Strong demand for specialty products and new product introduction supported improvement in the specialty business in the second quarter of 2011. Prices for coated paper in North America continued to improve, predominately for coated groundwood grades. The improvement in pricing was partially offset by a reduction in overall demand, which continued to lag on a year-over-year basis. The reduction in overall demand is also a continuation of a trend observed in the first quarter of 2011. Despite this reduction in demand NewPage did not take market-related downtime during the second quarter of 2011.

Operations at the Port Hawkesbury, Nova Scotia mill have been negatively impacted by the stronger Canadian dollar relative to the U.S. dollar and high utility costs, and the mill is anticipating an additional 16 percent increase in energy costs next year. As compared to the second quarter of 2010 there was a $4 million negative variance to EBITDA as a result of the movement in U.S. / Canadian foreign exchange rates. Port Hawkesbury produces quality supercalendered paper, improved newsprint and standard newsprint for the printing and publishing industries as well as other coated groundwood products. Port Hawkesbury's total production capacity is approximately 600,000 tons per year.

Additional Information

The NewPage Form 10-Q Quarterly Report to be filed with the U.S. Securities and Exchange Commission today will be available on the NewPage Web site. The company believes this information is sufficient to answer questions, and no conference call is planned.

Headquartered in Miamisburg, Ohio, NewPage Corporation is the largest coated paper manufacturer in North America, based on production capacity, with $3.6 billion in net sales for the year ended December 31, 2010. The company's product portfolio is the broadest in North America and includes coated freesheet, coated groundwood, supercalendered, newsprint and specialty papers.
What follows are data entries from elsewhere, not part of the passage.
-- ===== src/Examples/Native.antt =====
-- Examples of the theorems about the conversation of lib/native.
use agentapi.Prelude.{
  ℕ, ◌≡◌, refl, true, false, [], ◌∷◌, ◌+◌, ◌++◌, ◌||◌, not, ltb, if◌then◌else◌, none, some, arith,
  codes, string_eq, is_empty, trim_space,
}
use agentapi.Native.Types.{TurnResult, StopReason, RateLimit, AgentUsage}
use agentapi.Native.MessageLog.{append_user, index}
use agentapi.Native.Turn.Logged.{same_agent}
use agentapi.Native.State.{idle, LimitStop, RetryWait, Conversation, set_limit_stop, set_retry_wait}
use agentapi.Native.Limit.{limit_stopped, continue_at_reset, holds_queue, continue_margin}
use agentapi.Native.Limit.Reset.{Resets, limit_stopped-Resets}
use agentapi.Native.Sink.{turn_completed}
use agentapi.Native.Turn.{AgentError, begin_turn, begin_with, caller_error}
use agentapi.Native.Turn.Gate.{Meanwhile, user_message}
use agentapi.Native.Continue.{continue_if_due, continue_prompt, limit_due, retry_due, mark}
use agentapi.Native.Continue.Chain.{RetryDue, retry_begun, next_wait, retry_chain}
use agentapi.Native.Continue.Refused.{ContinuationDue, marked, refused_continuation_waits}
use agentapi.Examples.{waiting, an_adapter, test_input, some_messages, no_usage}

has_text : is_empty (trim_space test_input.text) ≡ false
unfolding trim_space
has_text = refl

-- The agent ends the turn while it is called.
abbrev turn_ends : Conversation → Conversation
turn_ends d = record d { turn_active = false }

abbrev overloaded : TurnResult
overloaded = record {
  stop_reason = StopReason.transient;
  error = codes "overloaded";
  resets_at = none;
  api_status = 529;
}

abbrev first_retry : RetryWait
first_retry = record {
  message = codes "overloaded";
  api_status = 529;
  stopped_at = 30;
  attempt = 1;
  attempts = 2;
  retry_at = 35;
}

abbrev retrying_later : Conversation
retrying_later = record waiting { retry_wait = some first_retry }

first_retry-due : RetryDue first_retry 40 an_adapter retrying_later
unfolding idle limit_due
first_retry-due = (refl, omega arith, refl, refl, refl)

retry_chain_example :
    let start = retry_begun first_retry 40 retrying_later in
    let (c', sent, refused) = continue_if_due 40 (λ d. d) none retrying_later in
    let next = (turn_completed overloaded 60 c').retry_wait in
    (sent ≡ true)
    × (refused ≡ none)
    × (c' ≡ start)
    × (start.turn_active ≡ true)
    × (start.messages ≡ (append_user some_messages (trim_space continue_prompt.text) 40).0)
    × (if ltb 1 2 then next ≡ some (next_wait c' overloaded 1 60) else next ≡ none)
retry_chain_example =
    retry_chain 40 60 (λ d. d) first_retry overloaded an_adapter retrying_later first_retry-due refl
      refl refl refl

abbrev a_limit_stop : LimitStop
a_limit_stop = record {
  message = codes "limit";
  stopped_at = 5;
  resets_at = some 20;
  continue_at = some 30;
}

abbrev stopped : Conversation
stopped = record waiting { limit_stop = some a_limit_stop }

continuation_due : ContinuationDue a_limit_stop 30 40 an_adapter stopped
unfolding idle
continuation_due = (refl, refl, omega arith, refl, refl)

continuation_alone :
    let d = (begin_turn continue_prompt 40 (marked 40 stopped)).0 in
    Meanwhile continue_prompt 40 (marked 40 stopped) some_messages.messages [] d
    × (d.limit_stop ≡ none)
    × ((same_agent (marked 40 stopped) d || not d.turn_active) ≡ true)
unfolding begin_turn begin_with append_user set_limit_stop set_retry_wait trim_space index mark
    retry_due
continuation_alone = ((refl, refl), refl, refl)

refused_continuation_waits_example :
    let d = (begin_turn continue_prompt 40 (marked 40 stopped)).0 in
    let sent = user_message continue_prompt 40 (marked 40 stopped) in
    let (c', went, refused) = continue_if_due 40 (λ x. x) (some AgentError.turn_active) stopped in
    (went ≡ false)
    × (refused ≡ some (caller_error AgentError.turn_active))
    × (c'.limit_stop ≡ some (record a_limit_stop { continue_at = some (40 + continue_margin) }))
    × (c'.messages.messages ≡ (
        if same_agent (marked 40 stopped) d
        then some_messages.messages ++ []
        else some_messages.messages ++ sent ∷ []))
    × (c'.turn_active ≡ false)
    × ((t : ℕ) → holds_queue c' t ≡ true)
refused_continuation_waits_example =
    refused_continuation_waits a_limit_stop 30 40 (λ x. x) AgentError.turn_active an_adapter stopped
      some_messages.messages [] continuation_due (ground arith) continuation_alone.0
      continuation_alone.1 continuation_alone.2

abbrev weekly : RateLimit
weekly = record { id = "weekly"; label = "Weekly"; full = true; resets_at = some 70; status = "" }

abbrev hourly : RateLimit
hourly = record {
  id = "hourly";
  label = "5h";
  full = false;
  resets_at = some 50;
  status = "rejected";
}

abbrev both_reached : AgentUsage
both_reached = record no_usage { rate_limits = weekly ∷ hourly ∷ [] }

abbrev limit_result : TurnResult
limit_result = record {
  stop_reason = StopReason.limited;
  error = codes "limit";
  resets_at = none;
  api_status = 0;
}

abbrev at_limits : Conversation
at_limits = record waiting { usage = both_reached }

limit_stopped-Resets_example :
    (ls : LimitStop) × ((limit_stopped limit_result 60 at_limits).limit_stop ≡ some ls)
    × (ls.message ≡ codes "limit")
    × (ls.stopped_at ≡ 60)
    × Resets none both_reached ls.resets_at
    × (ls.continue_at ≡ (if false || false then continue_at_reset (some ls) else none))
limit_stopped-Resets_example = limit_stopped-Resets limit_result 60 at_limits
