-- ===== src/Origins.antt =====
-- Which requests of other origins are let through: lib/httpapi/crossorigin.go.
--
-- Text is valid UTF-8, a list of code points: on such, a prefix, a suffix and whether the two
-- overlap are the same as on the bytes. `lower` is strings.ToLower, and `host_of` the host of a URL
-- that url.Parse accepts: arguments.
pub mod Wildcard
pub mod Trusted
use agentapi.Prelude.{
  ℕ, ◌+◌, ◌-◌, Bool, true, false, not, ◌&&◌, ◌||◌, List, [], ◌∷◌, ◌++◌, Option, none, some, String,
  str_eq, Text, text_eq, is_empty, codes, leb, ◌==◌, if◌then◌else◌, length, take, drop,
  contains_func,
}
use mathlib.Core.Option

-- What of an HTTP request is looked at; a header that is missing is empty.
pub record Request : Type 0 where
  pub method : String
  pub host : Text
  pub origin : Text
  pub sec_fetch_site : String

pub record TrustedOrigins : Type 0 where
  pub exact : List Text
  pub patterns : List (Text × Text)

abbrev pub star : ℕ
star = 42

-- strings.Cut at the first star.
unfoldable pub cut_star : Text → Option (Text × Text)
cut_star [] = none
cut_star (c ∷ s) =
    if c == star then some ([], s) else Option.map (λ parts. (c ∷ parts.0, parts.1)) (cut_star s)

-- One round of the loop of CrossOriginProtection.
unfoldable pub add_origin : Text → TrustedOrigins → TrustedOrigins
add_origin origin t = if text_eq origin (codes "*") then t else elim (cut_star origin) [
  | some parts ↦ record t { patterns = t.patterns ++ parts ∷ [] }
  | none ↦ record t { exact = t.exact ++ origin ∷ [] }
]

unfoldable pub add_origins : (Text → Text) → List Text → TrustedOrigins → TrustedOrigins
add_origins lower [] t = t
add_origins lower (o ∷ origins) t = add_origins lower origins (add_origin (lower o) t)

unfoldable pub trusted_origins : (Text → Text) → List Text → TrustedOrigins
trusted_origins lower trusted = add_origins lower trusted (record { exact = []; patterns = [] })

unfoldable pub has_prefix : Text → Text → Bool
has_prefix s p = leb (length p) (length s) && text_eq (take (length p) s) p

unfoldable pub has_suffix : Text → Text → Bool
has_suffix s p = leb (length p) (length s) && text_eq (drop (length s - length p) s) p

unfoldable pub fits_pattern : Text → Text × Text → Bool
fits_pattern origin p =
    leb (length p.0 + length p.1) (length origin) && has_prefix origin p.0 && has_suffix origin p.1

unfoldable pub matches : (Text → Text) → TrustedOrigins → Text → Bool
matches lower t origin =
    let o = lower origin in
    if is_empty o
    then false
    else contains_func (λ e. text_eq e o) t.exact || contains_func (fits_pattern o) t.patterns

-- The methods that change nothing.
unfoldable pub is_safe : String → Bool
is_safe method = str_eq method "GET" || str_eq method "HEAD" || str_eq method "OPTIONS"

-- Whether the origin's host is the request's own.
unfoldable pub is_own_host : (Text → Option Text) → Request → Bool
is_own_host host_of r = elim (host_of r.origin) [ none ↦ false | some host ↦ text_eq host r.host ]

unfoldable pub cross_origin_allowed :
    (Text → Text) → (Text → Option Text) → TrustedOrigins → Request → Bool
cross_origin_allowed lower host_of trusted r =
    if is_safe r.method
    then true
    else if str_eq r.sec_fetch_site "same-origin" || str_eq r.sec_fetch_site "none"
    then true
    else if str_eq r.sec_fetch_site "" && (is_empty r.origin || is_own_host host_of r)
    then true
    else matches lower trusted r.origin
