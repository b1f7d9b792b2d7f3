-- ===== src/Origins/Wildcard.antt =====
-- A pattern with one star stands for all texts with its prefix and its suffix that don't overlap.
use agentapi.Prelude.{
  ◌+◌, ◌-◌, ◌≤◌, ◌≡◌, refl, sym, ◌∙◌, ap, ap₂, Bool, true, false, ◌||◌, List, [], ◌∷◌, ◌++◌, none,
  some, Text, text_eq_iff, arith, ◌==◌, length, take, drop, contains_func, inl, inr, Bool-cases,
  Option-cases, length-append, take-append-drop, drop-drop, append_assoc,
}
use agentapi.Origins.{star, cut_star, has_prefix, has_suffix, fits_pattern}

abbrev pub has_star : Text → Bool
has_star = contains_func (λ c. c == star)

-- Cutting finds the first star.
pub cut_star-none : (t : Text) → cut_star t ≡ none → has_star t ≡ false
unfolding cut_star
cut_star-none [] e = refl
cut_star-none (c ∷ t) e = ground (arith, cut_star-none t)

pub cut_star-some :
    (t : Text) (p s : Text) → cut_star t ≡ some (p, s) → (t ≡ p ++ star ∷ s) × (has_star p ≡ false)
unfolding cut_star
cut_star-some [] p s e = cc
cut_star-some (c ∷ t) p s e = elim (Bool-cases (c == star)) [
  | inl here ↦
      let none_before : p ≡ [] = ground arith in
      let rest : t ≡ s = ground arith in
      let is_star : c ≡ star = ground arith in
      (
        ap₂ (λ d u. d ∷ u) is_star rest ∙ ap (λ q. q ++ star ∷ s) (sym none_before),
        ap has_star none_before,
      )
  | inr on ↦ elim (Option-cases (cut_star t)) [
    | inl e' ↦ absurd (ground arith)
    | inr (parts, e') ↦
        let (whole, free) = cut_star-some t parts.0 parts.1 e' in
        let before : c ∷ parts.0 ≡ p = ground arith in
        let rest : parts.1 ≡ s = ground arith in
        (
          ap (λ u. c ∷ u) whole ∙ ap₂ (λ q r. q ++ star ∷ r) before rest,
          ap has_star (sym before) ∙ ap₂ (λ a b. a || b) on free,
        )
  ]
]

take-append_self {ℓ} : {A : Type ℓ} (xs ys : List A) → take (length xs) (xs ++ ys) ≡ xs
take-append_self [] ys = refl
take-append_self (x ∷ xs) ys = ap (λ zs. x ∷ zs) (take-append_self xs ys)

drop-append_self {ℓ} : {A : Type ℓ} (xs ys : List A) → drop (length xs) (xs ++ ys) ≡ ys
drop-append_self [] ys = refl
drop-append_self (x ∷ xs) ys = drop-append_self xs ys

pub fits_pattern-split :
    (o p s : Text) → fits_pattern o (p, s) ≡ true → (mid : Text) × (o ≡ p ++ (mid ++ s))
unfolding fits_pattern has_prefix has_suffix
fits_pattern-split o p s h =
    let n = length p in
    let k = length o - length s - n in
    let fits : n + length s ≤ length o = ground arith in
    let start : take n o ≡ p = ground (arith, text_eq_iff (take n o) p) in
    let stop : drop (length o - length s) o ≡ s =
      ground (arith, text_eq_iff (drop (length o - length s) o) s) in
    let place : n + k ≡ length o - length s = omega arith in
    let rest : drop k (drop n o) ≡ s = drop-drop k n o ∙ ap (λ i. drop i o) place ∙ stop in
    (
      take k (drop n o),
      sym (take-append-drop n o)
          ∙ ap₂ (λ xs ys. xs ++ ys) start
              (sym (take-append-drop k (drop n o)) ∙ ap (λ ys. take k (drop n o) ++ ys) rest),
    )

pub fits_pattern-join : (p mid s : Text) → fits_pattern (p ++ (mid ++ s)) (p, s) ≡ true
unfolding fits_pattern has_prefix has_suffix
fits_pattern-join p mid s =
    let o = p ++ (mid ++ s) in
    let total : length o ≡ length p + length mid + length s =
      omega (arith, length-append p (mid ++ s), length-append mid s) in
    let place : length o - length s ≡ length (p ++ mid) =
      omega (arith, total, length-append p mid) in
    let start : take (length p) o ≡ p = take-append_self p (mid ++ s) in
    let stop : drop (length o - length s) o ≡ s =
      ap (λ i. drop i o) place
      ∙ ap (drop (length (p ++ mid))) (sym (append_assoc p mid s))
      ∙ drop-append_self (p ++ mid) s in
    ground (
      arith,
      total,
      text_eq_iff (take (length p) o) p,
      text_eq_iff (drop (length o - length s) o) s,
    )
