-- ===== src/Origins/Trusted.antt =====
-- What the list of trusted origins lets through.
use agentapi.Prelude.{
  ◌≡◌, ◌≢◌, ◌↔◌, ◌⊎◌, refl, sym, ◌∙◌, ap, Bool, true, false, ◌||◌, List, [], ◌∷◌, ◌++◌, Option,
  none, some, str_eq, Text, text_eq, text_eq_iff, is_empty, codes, arith, if◌then◌else◌,
  contains_func, inl, inr, Bool-cases, Option-cases,
}
use agentapi.Origins.{
  Request, TrustedOrigins, star, cut_star, add_origin, add_origins, trusted_origins, fits_pattern,
  matches, is_safe, cross_origin_allowed,
}
use agentapi.Origins.Wildcard.{
  has_star, cut_star-none, cut_star-some, fits_pattern-split, fits_pattern-join,
}

-- Whether an origin is one that a trusted origin stands for: itself or, if it has a star, any text
-- with what is before and after the first star at its ends, without overlap. A star alone stands for none.
abbrev pub StandsFor : Text → Text → Type 0
StandsFor t o =
    (t ≢ codes "*")
    × (((has_star t ≡ false) × (o ≡ t))
        ⊎ ((p : Text) × (mid : Text) × (s : Text) × (has_star p ≡ false)
            × (t ≡ p ++ star ∷ s)
            × (o ≡ p ++ (mid ++ s))))

-- Whether one of the trusted origins, in lower case, stands for an origin.
abbrev pub TrustedBy : (Text → Text) → List Text → Text → Type 0
TrustedBy lower [] o = ⊥
TrustedBy lower (t ∷ trusted) o = StandsFor (lower t) o ⊎ TrustedBy lower trusted o

-- The test that one trusted origin adds.
accepts_one : Text → Text → Bool
accepts_one t o =
    if text_eq t (codes "*")
    then false
    else elim (cut_star t) [ some parts ↦ fits_pattern o parts | none ↦ text_eq t o ]

accepts : TrustedOrigins → Text → Bool
accepts t o = contains_func (λ e. text_eq e o) t.exact || contains_func (fits_pattern o) t.patterns

contains_func-append_one {ℓ} :
    {A : Type ℓ} (p : A → Bool) (xs : List A) (x : A)
    → contains_func p (xs ++ x ∷ []) ≡ (contains_func p xs || p x)
contains_func-append_one p [] x = ground arith
contains_func-append_one p (y ∷ xs) x = ground (arith, contains_func-append_one p xs x)

add_origin-accepts :
    (t : Text) (acc : TrustedOrigins) (o : Text)
    → accepts (add_origin t acc) o ≡ (accepts acc o || accepts_one t o)
unfolding add_origin accepts accepts_one
add_origin-accepts t acc o = elim (Bool-cases (text_eq t (codes "*"))) [
  | inl any ↦ rw (any, add_origin, accepts_one) (ground arith)
  | inr one ↦ elim (Option-cases (cut_star t)) [
    | inl e ↦
        rw (one, e, add_origin, accepts_one)
          (ground (arith, contains_func-append_one (λ x. text_eq x o) acc.exact t))
    | inr (parts, e) ↦
        rw (one, e, add_origin, accepts_one)
          (ground (arith, contains_func-append_one (fits_pattern o) acc.patterns parts))
  ]
]

accepts_any : (Text → Text) → List Text → Text → Bool
accepts_any lower trusted o = contains_func (λ t. accepts_one (lower t) o) trusted

add_origins-accepts :
    (lower : Text → Text) (trusted : List Text) (acc : TrustedOrigins) (o : Text)
    → accepts (add_origins lower trusted acc) o ≡ (accepts acc o || accepts_any lower trusted o)
unfolding add_origins accepts_any
add_origins-accepts lower [] acc o = ground arith
add_origins-accepts lower (t ∷ trusted) acc o = ground (
  arith,
  add_origins-accepts lower trusted (add_origin (lower t) acc) o,
  add_origin-accepts (lower t) acc o,
)

has_star-middle : (p s : Text) → has_star (p ++ star ∷ s) ≡ true
has_star-middle [] s = refl
has_star-middle (c ∷ p) s = ground (arith, has_star-middle p s)

-- The first star is where the text without a star before it ends.
cut_star-middle : (p s : Text) → has_star p ≡ false → cut_star (p ++ star ∷ s) ≡ some (p, s)
unfolding cut_star
cut_star-middle [] s free = refl
cut_star-middle (c ∷ p) s free = ground (arith, cut_star-middle p s)

cut_star-free : (t : Text) → has_star t ≡ false → cut_star t ≡ none
unfolding cut_star
cut_star-free [] free = refl
cut_star-free (c ∷ t) free = ground (arith, cut_star-free t)

accepts_one_sound : (t o : Text) → accepts_one t o ≡ true → StandsFor t o
unfolding accepts_one
accepts_one_sound t o h = elim (Bool-cases (text_eq t (codes "*"))) [
  | inl any ↦ absurd (ground (arith, any))
  | inr one ↦
      let other : t ≢ codes "*" = λ e. cc (one, (text_eq_iff t (codes "*")).1 e) in
      elim (Option-cases (cut_star t)) [
        | inl e ↦
            let same : text_eq t o ≡ true = rw (one, e, accepts_one) at h in
            (other, inl (cut_star-none t e, sym ((text_eq_iff t o).0 same)))
        | inr (parts, e) ↦
            let fits : fits_pattern o parts ≡ true = rw (one, e, accepts_one) at h in
            let (mid, whole) = fits_pattern-split o parts.0 parts.1 fits in
            let (cut, free) = cut_star-some t parts.0 parts.1 e in
            (other, inr (parts.0, mid, parts.1, free, cut, whole))
      ]
]

accepts_one_complete : (t o : Text) → StandsFor t o → accepts_one t o ≡ true
unfolding accepts_one
accepts_one_complete t o (other, how) =
    let one : text_eq t (codes "*") ≡ false = ground (arith, text_eq_iff t (codes "*")) in
    elim how [
      | inl (free, same) ↦
          rw (one, cut_star-free t free, accepts_one) ((text_eq_iff t o).1 (sym same))
      | inr (p, mid, s, free, cut, whole) ↦
          let parts : cut_star t ≡ some (p, s) = ap cut_star cut ∙ cut_star-middle p s free in
          rw (one, parts, accepts_one)
            (ap (λ x. fits_pattern x (p, s)) whole ∙ fits_pattern-join p mid s)
    ]

accepts_any_sound :
    (lower : Text → Text) (trusted : List Text) (o : Text)
    → accepts_any lower trusted o ≡ true
    → TrustedBy lower trusted o
unfolding accepts_any
accepts_any_sound lower [] o h = cc
accepts_any_sound lower (t ∷ trusted) o h = elim (Bool-cases (accepts_one (lower t) o)) [
  | inl this ↦ inl (accepts_one_sound (lower t) o this)
  | inr on ↦ inr (accepts_any_sound lower trusted o (rw on at h))
]

accepts_any_complete :
    (lower : Text → Text) (trusted : List Text) (o : Text)
    → TrustedBy lower trusted o
    → accepts_any lower trusted o ≡ true
unfolding accepts_any
accepts_any_complete lower [] o h = absurd h
accepts_any_complete lower (t ∷ trusted) o (inl this) =
    ground (arith, accepts_one_complete (lower t) o this)
accepts_any_complete lower (t ∷ trusted) o (inr later) =
    ground (arith, accepts_any_complete lower trusted o later)

matches-accepts :
    (lower : Text → Text) (trusted : List Text) (origin : Text)
    → matches lower (trusted_origins lower trusted) origin
      ≡ (if is_empty (lower origin) then false else accepts_any lower trusted (lower origin))
unfolding matches trusted_origins accepts
matches-accepts lower trusted origin =
    ap (λ b. if is_empty (lower origin) then false else b)
      (add_origins-accepts lower trusted (record { exact = []; patterns = [] }) (lower origin))

-- A request that changes something, and that a browser sent for a page of another origin, by its
-- Sec-Fetch-Site, is let through exactly if its origin, in lower case, is not empty and one of the
-- trusted origins stands for it; "*" alone stands for none.
pub cross_origin_allowed_iff :
    (lower : Text → Text) (host_of : Text → Option Text) (trusted : List Text) (r : Request)
    → is_safe r.method ≡ false
    → str_eq r.sec_fetch_site "same-origin" ≡ false
    → str_eq r.sec_fetch_site "none" ≡ false
    → str_eq r.sec_fetch_site "" ≡ false
    → (cross_origin_allowed lower host_of (trusted_origins lower trusted) r ≡ true)
      ↔ ((is_empty (lower r.origin) ≡ false) × TrustedBy lower trusted (lower r.origin))
unfolding cross_origin_allowed
cross_origin_allowed_iff lower host_of trusted r unsafe other_site typed marked =
    let o = lower r.origin in
    let judged : cross_origin_allowed lower host_of (trusted_origins lower trusted) r
        ≡ (if is_empty o then false else accepts_any lower trusted o) =
      ground (arith, matches-accepts lower trusted r.origin) in
    (
      λ h. elim (Bool-cases (is_empty o)) [
        | inl none_given ↦ absurd (ground arith)
        | inr given ↦ (given, accepts_any_sound lower trusted o (ground arith))
      ],
      λ both. ground (arith, both.0, accepts_any_complete lower trusted o both.1),
    )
These papers are used for corporate collateral, commercial printing, magazines, catalogs, books, coupons, inserts, newspapers, packaging applications and direct mail advertising.

NewPage owns paper mills in Kentucky, Maine, Maryland, Michigan, Minnesota, Wisconsin and Nova Scotia, Canada. These mills have a total annual production capacity of approximately 4.1 million tons of paper, including approximately 2.9 million tons of coated paper, approximately 1.0 million tons of uncoated paper and approximately 200,000 tons of specialty paper.